2. The solenoid apparatus of claim 1 wherein said laminations of said first and second stack are made of steel.
3. The solenoid apparatus of claim 1 wherein said laminations of said first and second stack are made of sintered material.
4. The solenoid apparatus of claim 1 wherein said laminations of said first and second stack are welded to said adjacent laminations in at least one spot between each lamination.
5. The solenoid apparatus of claim 1 wherein said alignment means is an adhesive used between said first stack, said center block and said second stack.
6. The solenoid apparatus of claim 1 wherein said alignment means is a nut and bolt assembly.
7. The solenoid apparatus of claim 1 further comprising return spring that fits slidably around said dowel between said housing and said plunger such that when said resultant magnetic force is applied, said return spring is compressed, and when said resultant magnetic force is released, said return spring returns said plunger back to a rest position.
8. A solenoid apparatus, comprising:
(a) a housing having a bore extending therethrough;
(b) a shaft slidably disposed in the bore of the housing;
(c) a solenoid coil secured within said housing;
(d) a plunger attached to a first end of the shaft;
(e) a dowel attached to the plunger; and
(f) the housing including;
(i) a first and second stack of laminations wherein laminations within said first and second stack are secured to adjacent laminations;
(ii) alignment means for holding said first and second stack in alignment; and
(iii) a center block having a shaft cavity and an alignment cavity, the center block disposed between the first and second stack of laminations;
(iv) wherein the shaft is slidably disposed within the shaft cavity and wherein the dowel is slidably disposed within the alignment cavity.
Description

This is a division of application Ser. No. 07/749,625, filed Aug. 19, 1991, now U.S. Pat. No. 5,204,802, issued May 20, 1993 which is a continuation of application Ser. No. 07/276,235, filed Nov. 23, 1988, now abandoned.

BACKGROUND OF THE INVENTION

The present invention relates to a method and apparatus for driving and controlling an improved solenoid impact imprinter commonly used to emboss information onto a common credit card.

Automated embossing systems have found wide acceptance in the field. Two such systems are disclosed in (1) U.S. Pat. Nos. Re 27,809 to Drillick and 3,820,454 to Hencley et al. and (2) U.S. Pat. No. 3,820,455.

The present method, apparatus and improved solenoid structure builds on the invention disclosed in the application of Warwick et al., Ser. No. 204,499, hereby incorporated by reference. The Warwick application discloses a solenoid system in which the solenoid coil is energized in two stages, i.e., by a first and second current pulse. In the Warwick disclosure, as in the present invention, the first pulse is intended to bring the print elements into contact or close proximity with the material to be imprinted; the second pulse is intended to imprint the chosen material. Because the print elements are already in contact or in close proximity with the material to be imprinted when the embossing current pulse is applied, the loud impact noise of the printing elements striking the material is eliminated, thus providing an embossing operation with little noise. Using the two pulse method further reduces the velocity of the moving parts which also helps to reduce noise.

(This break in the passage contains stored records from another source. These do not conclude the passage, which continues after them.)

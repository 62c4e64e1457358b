-- ===== src/Osd/Collector/Runs.antt =====
-- The runs of the goroutines of `Collect` of ceph/osd.go, each of which writes to gauges of its own,
-- with as many label values as they have labels.
use ceph_exporter.Base.{
  all-append, ℕ, String, ◌+◌, ◌<◌, length, ◌≡◌, refl, true, false, Option, none, some, List, [],
  ◌∷◌, ◌++◌, map, ℤ, all, ◌==◌, codes, Bool-cases, inl, inr, arith,
}
use ceph_exporter.Base.Result.{Result, ok, err}
use ceph_exporter.Float.{Float64}
use ceph_exporter.Json.{Buffer}
use ceph_exporter.Conn.{Conn}
use ceph_exporter.Exporter.Interleaving.{concat}
use ceph_exporter.Version.Decimal.{atoi, NumError}
use ceph_exporter.Osd.Replies.{DfNode, DfSummary, Df, PerfStat, DumpInfo, Dump, OsdMetadata}
use ceph_exporter.Osd.Names.{Labels, with_id, labels_of}
use ceph_exporter.Osd.Usage.{df_node, df_nodes, df_summary, from_df, collect_df}
use ceph_exporter.Osd.Gather.{
  metadata_write, from_metadata, collect_metadata, perf_stat, perf_stats, from_perf, collect_perf,
  state_write, state_writes, dump_info, dump_infos, ratios, if_read, from_dump, zero_states,
  collect_dump,
}
use ceph_exporter.Osd.Writes.{
  OsdGauge, crush_weight, depth, reweight, bytes, used_bytes, avail_bytes, utilization, variance,
  pgs, total_bytes, total_used_bytes, total_avail_bytes, average_util, commit_latency,
  apply_latency, osd_in, osd_up, index, Write, going, returned, failed, Run,
}
use ceph_exporter.Osd.Collector.{writers}
use ceph_exporter.Osd.Collector.Interleavings.{is_quiet, are_quiet, has_one_writer}
use ceph_exporter.Osd.Collector.Owners.{
  owner, is_fitting, is_owned, is_quiet-is_owned, IsOwned, >>-IsOwned, number-IsOwned,
  then_number-IsOwned,
}

module _ (fl : Float64) where
  open fl use {Value}

  df_node-IsOwned : (labels : Labels fl) (n : DfNode) → IsOwned 3 (df_node fl labels n)
  unfolding df_node
  df_node-IsOwned labels n =
      let h1 = number-IsOwned fl 3 failed crush_weight _ _ n.crush_weight refl in
      let h2 = then_number-IsOwned fl 3 _ failed depth _ _ n.depth h1 refl in
      let h3 = then_number-IsOwned fl 3 _ failed reweight _ _ n.reweight h2 refl in
      let h4 = then_number-IsOwned fl 3 _ returned bytes _ _ n.kb h3 refl in
      let h5 = then_number-IsOwned fl 3 _ failed used_bytes _ _ n.used_kb h4 refl in
      let h6 = then_number-IsOwned fl 3 _ failed avail_bytes _ _ n.avail_kb h5 refl in
      let h7 = then_number-IsOwned fl 3 _ failed utilization _ _ n.utilization h6 refl in
      let h8 = then_number-IsOwned fl 3 _ failed variance _ _ n.variance h7 refl in
      then_number-IsOwned fl 3 _ going pgs _ _ n.pgs h8 refl

  df_nodes-IsOwned : (labels : Labels fl) (ns : List DfNode) → IsOwned 3 (df_nodes fl labels ns)
  unfolding df_nodes IsOwned
  df_nodes-IsOwned labels [] = refl
  df_nodes-IsOwned labels (n ∷ ns) =
      >>-IsOwned 3 (df_node fl labels n) (df_nodes fl labels ns) (df_node-IsOwned labels n)
        (df_nodes-IsOwned labels ns)

  df_summary-IsOwned : (s : DfSummary) → IsOwned 3 (df_summary fl s)
  unfolding df_summary
  df_summary-IsOwned s =
      let h1 = number-IsOwned fl 3 failed total_bytes _ _ s.total_kb refl in
      let h2 = then_number-IsOwned fl 3 _ failed total_used_bytes _ _ s.total_used_kb h1 refl in
      let h3 = then_number-IsOwned fl 3 _ failed total_avail_bytes _ _ s.total_avail_kb h2 refl in
      then_number-IsOwned fl 3 _ failed average_util _ _ s.average_util h3 refl

  from_df-IsOwned : (labels : Labels fl) (o : Option Df) → IsOwned 3 (from_df fl labels o)
  unfolding from_df IsOwned
  from_df-IsOwned labels none = refl
  from_df-IsOwned labels (some df) =
      >>-IsOwned 3 (df_nodes fl labels df.nodes) (df_summary fl df.summary)
        (df_nodes-IsOwned labels df.nodes) (df_summary-IsOwned df.summary)

  from_metadata-IsOwned : (o : Option (List OsdMetadata)) → IsOwned 1 (from_metadata fl o)
  unfolding from_metadata IsOwned is_owned metadata_write
  from_metadata-IsOwned none = refl
  from_metadata-IsOwned (some ms) = go ms
    where
      go : (ms : List OsdMetadata) → all (is_owned 1) (map (metadata_write fl) ms) ≡ true
      go [] = refl
      go (m ∷ ms) = go ms

  with_id-IsOwned :
      (n : ℕ) (o : Result NumError ℤ) (f : ℤ → Run Value)
      → ((id : ℤ) → IsOwned n (f id))
      → IsOwned n (with_id fl o f)
  unfolding IsOwned
  with_id-IsOwned n (ok id) f h = h id
  with_id-IsOwned n (err e) f h = refl

  perf_stats-IsOwned :
      (labels : Labels fl) (ss : List PerfStat) → IsOwned 0 (perf_stats fl labels ss)
  unfolding perf_stats perf_stat IsOwned labels_of
  perf_stats-IsOwned labels [] = refl
  perf_stats-IsOwned labels (s ∷ ss) =
      >>-IsOwned 0 (perf_stat fl labels s) (perf_stats fl labels ss)
        (with_id-IsOwned 0 (atoi (codes s.id)) _ λ id.
          then_number-IsOwned fl 0 _ failed apply_latency _ _ s.apply_latency
            (number-IsOwned fl 0 failed commit_latency _ _ s.commit_latency refl) refl)
        (perf_stats-IsOwned labels ss)

  from_perf-IsOwned :
      (labels : Labels fl) (o : Option (List PerfStat)) → IsOwned 0 (from_perf fl labels o)
  unfolding from_perf IsOwned
  from_perf-IsOwned labels none = refl
  from_perf-IsOwned labels (some ss) = perf_stats-IsOwned labels ss

  state_write-is_owned :
      (ls : List String) (state : String)
      → (length ls == 5) ≡ true
      → all (is_owned 2) (state_write fl ls state) ≡ true
  unfolding is_owned
  state_write-is_owned ls state h = ground arith

  state_writes-is_owned :
      (ls states : List String)
      → (length ls == 5) ≡ true
      → all (is_owned 2) (state_writes fl ls states) ≡ true
  unfolding state_writes
  state_writes-is_owned ls [] h = refl
  state_writes-is_owned ls (state ∷ states) h =
      all-append (is_owned 2) (state_write fl ls state) (state_writes fl ls states)
        (state_write-is_owned ls state h) (state_writes-is_owned ls states h)

  states-IsOwned :
      (ls states : List String)
      → (length ls == 5) ≡ true
      → IsOwned 2 (zero_states fl ls ++ state_writes fl ls states, going)
  unfolding IsOwned is_owned
  states-IsOwned ls states h = rw h (state_writes-is_owned ls states h)

  dump_info-IsOwned : (labels : Labels fl) (d : DumpInfo) → IsOwned 2 (dump_info fl labels d)
  unfolding dump_info labels_of
  dump_info-IsOwned labels d = with_id-IsOwned 2 (atoi (codes d.osd)) _ λ id.
      >>-IsOwned 2 _ _
        (then_number-IsOwned fl 2 _ failed osd_up _ _ d.up
          (number-IsOwned fl 2 failed osd_in _ _ d.is_in refl) refl)
        (states-IsOwned (labels_of fl labels id) d.state refl)

  dump_infos-IsOwned :
      (labels : Labels fl) (ds : List DumpInfo) → IsOwned 2 (dump_infos fl labels ds)
  unfolding dump_infos IsOwned
  dump_infos-IsOwned labels [] = refl
  dump_infos-IsOwned labels (d ∷ ds) =
      >>-IsOwned 2 (dump_info fl labels d) (dump_infos fl labels ds) (dump_info-IsOwned labels d)
        (dump_infos-IsOwned labels ds)

  if_read-ratios-IsOwned : (d : Dump) → IsOwned 2 (if_read fl (ratios fl d))
  unfolding IsOwned is_owned ratios
  if_read-ratios-IsOwned d = ground arith

  from_dump-IsOwned : (labels : Labels fl) (o : Option Dump) → IsOwned 2 (from_dump fl labels o)
  unfolding from_dump IsOwned
  from_dump-IsOwned labels none = refl
  from_dump-IsOwned labels (some d) =
      >>-IsOwned 2 (if_read fl (ratios fl d)) (dump_infos fl labels d.osds)
        (if_read-ratios-IsOwned d) (dump_infos-IsOwned labels d.osds)

  owned-is_quiet :
      (g : OsdGauge) (n : ℕ) (r : Run Value)
      → IsOwned n r
      → (owner (index g) == n) ≡ false
      → is_quiet g r.0 ≡ true
  unfolding IsOwned
  owned-is_quiet g n r h e = is_quiet-is_owned g n r.0 h e

  -- The goroutines with their numbers.
  AreOwned : ℕ → List (Run Value) → Type 0
  AreOwned n [] = Unit
  AreOwned n (r ∷ rs) = IsOwned n r × AreOwned (n + 1) rs

  are_quiet-AreOwned :
      (g : OsdGauge) (n : ℕ) (rs : List (Run Value))
      → AreOwned n rs
      → owner (index g) < n
      → are_quiet g (map (λ r. r.0) rs) ≡ true
  unfolding AreOwned are_quiet
  are_quiet-AreOwned g n [] h lt = refl
  are_quiet-AreOwned g n (r ∷ rs) h lt =
      rw (owned-is_quiet g n r h.0 (ground arith))
        (are_quiet-AreOwned g (n + 1) rs h.1 (omega arith))

  has_one_writer-AreOwned :
      (g : OsdGauge) (n : ℕ) (rs : List (Run Value))
      → AreOwned n rs
      → has_one_writer g (map (λ r. r.0) rs) ≡ true
  unfolding AreOwned has_one_writer
  has_one_writer-AreOwned g n [] h = refl
  has_one_writer-AreOwned g n (r ∷ rs) h = elim (Bool-cases (is_quiet g r.0)) [
    | inl quiet ↦ rw quiet (has_one_writer-AreOwned g (n + 1) rs h.1)
    | inr loud ↦ rw loud (elim (Bool-cases (owner (index g) == n)) [
      | inl e ↦ are_quiet-AreOwned g (n + 1) rs h.1 (ground arith)
      | inr e ↦ cc (owned-is_quiet g n r h.0 e)
    ])
  ]

  abbrev runs : (Buffer → Buffer) → Conn → Labels fl → List (Run Value)
  runs replace_nan conn labels =
      collect_perf fl labels conn
      ∷ collect_metadata fl conn
      ∷ collect_dump fl labels conn
      ∷ collect_df fl replace_nan labels conn
      ∷ []

  runs-AreOwned :
      (replace_nan : Buffer → Buffer) (conn : Conn) (labels : Labels fl)
      → AreOwned 0 (runs replace_nan conn labels)
  unfolding AreOwned collect_perf collect_metadata collect_dump collect_df
  runs-AreOwned replace_nan conn labels = (
    from_perf-IsOwned labels _,
    (from_metadata-IsOwned _, (from_dump-IsOwned labels _, (from_df-IsOwned labels _, tt))),
  )

  -- The goroutines write to different gauges.
  pub has_one_writer-writers :
      (g : OsdGauge) (replace_nan : Buffer → Buffer) (conn : Conn) (labels : Labels fl)
      → has_one_writer g (writers fl replace_nan conn labels) ≡ true
  unfolding writers
  has_one_writer-writers g replace_nan conn labels =
      has_one_writer-AreOwned g 0 (runs replace_nan conn labels)
        (runs-AreOwned replace_nan conn labels)

  is_fitting-is_owned :
      (n : ℕ) (ws : List (Write Value)) → all (is_owned n) ws ≡ true → all is_fitting ws ≡ true
  unfolding is_owned is_fitting
  is_fitting-is_owned n [] o = refl
  is_fitting-is_owned n (w ∷ ws) o = ground (arith, is_fitting-is_owned n ws)

  are_fitting-AreOwned :
      (n : ℕ) (rs : List (Run Value))
      → AreOwned n rs
      → all is_fitting (concat (map (λ r. r.0) rs)) ≡ true
  unfolding AreOwned IsOwned
  are_fitting-AreOwned n [] h = refl
  are_fitting-AreOwned n (r ∷ rs) h =
      all-append is_fitting r.0 (concat (map (λ r. r.0) rs)) (is_fitting-is_owned n r.0 h.0)
        (are_fitting-AreOwned (n + 1) rs h.1)

  pub are_fitting-writers :
      (replace_nan : Buffer → Buffer) (conn : Conn) (labels : Labels fl)
      → all is_fitting (concat (writers fl replace_nan conn labels)) ≡ true
  unfolding writers
  are_fitting-writers replace_nan conn labels =
      are_fitting-AreOwned 0 (runs replace_nan conn labels) (runs-AreOwned replace_nan conn labels)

In addition to the noise problem, solenoid driven embossing systems generally encounter the problem of providing a solenoid body assembly (1) that limits heating of the solenoid structure due to eddy-current losses in the material used to construct the solenoid body assembly and (2) that enhances the durability and precision of the solenoid embossing structure. The prior art shows the use of magnetic materials such as steel for the solenoid body assembly.

In addition to other novel and patentable features, the present method, apparatus and improved solenoid structure improves on the two pulse method for energizing the solenoid coils. The present invention also provides an improved solenoid system to further enhance the durability and precision of the solenoid embossing system and to reduce eddy-current losses.

SUMMARY OF THE INVENTION

Accordingly, this invention provides an apparatus for controlling an impact imprinting system of a type including print elements used to imprint a chosen material. The apparatus includes solenoid structure for driving the print elements in response to a current pulse. Current pulse generator circuitry electrically interconnected to the solenoid structure generates and transmits first and second current pulses to the solenoid structure, the first current pulse having a contact duration and a contact amplitude sufficient to actuate the solenoid structure to cause the print elements to move to a position proximate the chosen material, the second current pulse having an imprint duration and an imprint pulse amplitude sufficient to actuate the solenoid structure to cause the print elements to imprint the chosen material to a desired character height. Current monitor circuitry electrically interconnected to the current pulse generator circuitry senses amplitude of the first and second current pulses and transmits first and second current amplitude sense signals representative of the amplitude of the first and second current pulses, respectively. Current pulse control circuitry electrically interconnected to the current pulse generator circuitry and the current monitor circuitry switches the current pulse generator circuitry between a pulse generating state and a nonpulse generating state. The current pulse control circuitry includes a first signal control which compares the first current amplitude sense signal received from the current monitor circuitry to a first predetermined amplitude value corresponding to the contact pulse amplitude and, upon detection of the first predetermined amplitude value, switches the current pulse generator circuitry to the nonpulse generating state after a first predetermined period of time, corresponding to the contact pulse duration. The current pulse control circuitry further includes a second signal control which compares the second current amplitude sense signal received from the current monitor circuitry to a second predetermined amplitude value corresponding to the imprint pulse amplitude and, upon detection of the second amplitude value, switches the current pulse generator to the nonpulse generating state after a second predetermined period of time, corresponding to the imprint pulse duration.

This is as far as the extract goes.